Brief history: European graziers began settling in the area in the 1840s. In 1852, Captain Alexander Tolmer surveyed an overland route through the 90 Mile Desert along which gold escorts from the western Victorian goldfields to Port Adelaide could travel. He nominated the states' border as a suitable place for a depot on the route and suggested the stopping place be named after him.

Tolmer was apparently quite upset when they chose the un-original name of Bordertown instead. One of town's functions was to be a checkpoint between Victoria and South Australia where the Victorian Government could stop the flow of Chinese immigants to its goldfields who were sneaking in through the back door (South Australia). That never happened as the town was built where South Australia believed the border to be, which was 18 km away from where Victoria believed the border to be (see above). The Chinese passed through the town without any trouble as Victorian government officials had no jurisdiction in the town and were powerless to stop them.
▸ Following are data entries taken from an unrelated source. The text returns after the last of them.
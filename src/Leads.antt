-- ===== src/Leads.antt =====
-- internal/leads: the capture of leads. types.go is here, its time.Parse of RFC 3339 an argument.
pub mod Email
pub mod Valid
pub mod Service
pub mod Handler
pub mod Capture
use edn_core.Prelude.{
  ℕ, ◌+◌, ltb, leb, ◌==◌, Bool, true, false, not, ◌&&◌, ◌||◌, is_some, Option, none, some, List, [],
  ◌∷◌, length, any, if◌then◌else◌,
}
use edn_core.Text.{Text, lit, ◌=?◌, is_empty, trim_space, keep, is_ascii_digit}
use edn_core.Checkout.{Time}

pub record NestedLeadPayload : Type 0 where
  pub name : Text
  pub business_name : Text
  pub whatsapp : Text
  pub email : Text
  pub profile : Text
  pub message : Text
  pub consent : Bool

pub record SubmitRequest : Type 0 where
  pub name : Text
  pub email : Text
  pub phone : Text
  pub source : Text
  pub submitted_at : Text
  pub lead : Option NestedLeadPayload
  -- set by validation
  pub parsed_submitted_at : Option Time
  pub business_name : Text
  pub profile : Text
  pub message : Text
  pub consent : Bool

-- A ValidationError with its details, or the normalized request.
pub data Validation : Type 0 where
  valid : SubmitRequest → Validation
  invalid : Text → Validation

abbrev pub is_valid_profile : Text → Bool
is_valid_profile p = p =? lit "administrative" || (p =? lit "medical" || p =? lit "dental")

-- normalizeWhatsapp
unfoldable pub normalize_whatsapp : Text → Text
unfolding keep is_ascii_digit
normalize_whatsapp s = keep is_ascii_digit s

-- The bytes of a code point in UTF-8.
unfoldable utf8_length : ℕ → ℕ
utf8_length c = if ltb c 128 then 1 else if ltb c 2048 then 2 else if ltb c 65536 then 3 else 4

-- `len` of a string
unfoldable pub byte_length : Text → ℕ
unfolding utf8_length
byte_length [] = 0
byte_length (c ∷ s) = utf8_length c + byte_length s

-- What stands before and behind the last '@'.
abbrev pub split_here : ℕ → Text → Option (Text × Text) → Option (Text × Text)
split_here c s (some (user, domain)) = some (c ∷ user, domain)
split_here c s none = if c == 64 then some ([], s) else none

unfoldable pub split_at_last : Text → Option (Text × Text)
split_at_last [] = none
split_at_last (c ∷ s) = split_here c s (split_at_last s)

abbrev pub has_parts : Option (Text × Text) → Bool
has_parts none = false
has_parts (some (user, domain)) =
    not (is_empty user) && (any (λ c. c == 46) domain && leb 3 (byte_length domain))

-- isValidEmail
unfoldable pub is_valid_email : Text → Bool
unfolding split_at_last byte_length
is_valid_email email = has_parts (split_at_last email)

-- One check after the other: the first that fails gives the details.
unfoldable pub unless : Bool → Text → Validation → Validation
unless true details rest = invalid details
unless false details rest = rest

abbrev pub shorter : Text → ℕ → Bool
shorter s n = ltb (length s) n

abbrev pub longer : Text → ℕ → Bool
longer s n = ltb n (length s)

-- A check and a normalization that are made for a value that is not empty.
abbrev pub given : Text → Bool → Bool
given value test = not (is_empty value) && test

abbrev pub when_given : Text → Text → Text
when_given value normalized = if is_empty value then value else normalized

-- The request with the fields that are assigned.
abbrev pub flat_request : SubmitRequest → SubmitRequest
flat_request r = record r {
  name = trim_space r.name;
  email = trim_space r.email;
  phone = when_given (trim_space r.phone) (normalize_whatsapp (trim_space r.phone));
  source = trim_space r.source;
}

-- validateFlat
unfoldable pub validate_flat : SubmitRequest → Validation
unfolding normalize_whatsapp is_valid_email
validate_flat r =
    let n = flat_request r in
    let phone = trim_space r.phone in
    unless (shorter n.name 2) (lit "name must have at least 2 characters") (
      unless (is_empty n.email) (lit "email is required") (
        unless (not (is_valid_email n.email)) (lit "email is not a valid email address") (
          unless (longer n.source 80) (lit "source must not exceed 80 characters") (
            unless (given phone (shorter (normalize_whatsapp phone) 8))
              (lit "phone must have at least 8 digits") (valid n)))))

abbrev pub normalized_lead : NestedLeadPayload → NestedLeadPayload
normalized_lead lead = record lead {
  name = trim_space lead.name;
  email = trim_space lead.email;
  whatsapp = when_given lead.whatsapp (normalize_whatsapp (trim_space lead.whatsapp));
  business_name = when_given lead.business_name (trim_space lead.business_name);
  message = when_given lead.message (trim_space lead.message);
}

-- The request with the fields of the normalized lead.
abbrev pub nested_request : SubmitRequest → Text → Time → NestedLeadPayload → SubmitRequest
nested_request r source at n = record r {
  source = source;
  parsed_submitted_at = some at;
  lead = some n;
  name = n.name;
  email = n.email;
  phone = n.whatsapp;
  business_name = n.business_name;
  profile = n.profile;
  message = n.message;
  consent = n.consent;
}

-- validateNested, from the lead on
unfoldable pub validate_lead : SubmitRequest → Text → Time → NestedLeadPayload → Validation
unfolding normalize_whatsapp is_valid_email
validate_lead r source at lead =
    let n = normalized_lead lead in
    unless (shorter n.name 2) (lit "lead.name must have at least 2 characters") (
      unless (is_empty n.email) (lit "lead.email is required") (
        unless (not (is_valid_email n.email)) (lit "lead.email is not a valid email address") (
          unless (given lead.whatsapp (shorter n.whatsapp 8))
            (lit "lead.whatsapp must have at least 8 digits")
            (unless (given lead.business_name (shorter n.business_name 2))
              (lit "lead.businessName must have at least 2 characters")
              (unless (given lead.profile (not (is_valid_profile lead.profile)))
                (lit "lead.profile must be one of administrative, medical, dental")
                (unless (given lead.message (longer n.message 500))
                  (lit "lead.message must not exceed 500 characters")
                  (unless (not lead.consent) (lit "lead.consent must be true")
                    (valid (nested_request r source at n)))))))))

abbrev pub validate_optional_lead :
    SubmitRequest → Text → Option Time → Option NestedLeadPayload → Validation
validate_optional_lead r source none lead =
    invalid (lit "submittedAt must be a valid RFC3339 timestamp")
validate_optional_lead r source (some at) none = invalid (lit "lead is required")
validate_optional_lead r source (some at) (some lead) = validate_lead r source at lead

module _ (parse_time : Text → Option Time) where
  -- validateNested
  unfoldable pub validate_nested : SubmitRequest → Validation
  unfolding validate_lead
  validate_nested r =
      let source = trim_space r.source in
      unless (is_empty source) (lit "source is required") (
        unless (longer source 80) (lit "source must not exceed 80 characters") (
          unless (is_empty r.submitted_at) (lit "submittedAt is required")
            (validate_optional_lead r source (parse_time r.submitted_at) r.lead)))

  abbrev pub is_nested : SubmitRequest → Bool
  is_nested r = is_some r.lead || not (is_empty r.submitted_at)

  abbrev pub is_ambiguous : SubmitRequest → Bool
  is_ambiguous r = not (is_empty r.name) || (not (is_empty r.email) || not (is_empty r.phone))

  -- SubmitRequest.Validate
  unfoldable pub validate : SubmitRequest → Validation
  unfolding validate_nested validate_flat
  validate r =
      if is_nested r
      then unless (is_ambiguous r)
          (lit "ambiguous payload: top-level name/email/phone cannot be combined with nested lead")
          (validate_nested r)
      else validate_flat r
In July 1852, 120 allotments were sold (the cost was 50 shillings for a quarter acre block). It continued as a service centre after the goldrush, particularly after the arrival of the railway in 1886.

Origin of name: In the early days of European settlement, the are was known as 'tatiara', its local Ngarrindjeri Aboriginal name said to mean 'good country'. The name Bordertown was first given to a depot established near the state border on the gold escort route between the western Victorian goldfields and Port Adelaide when the route was being established.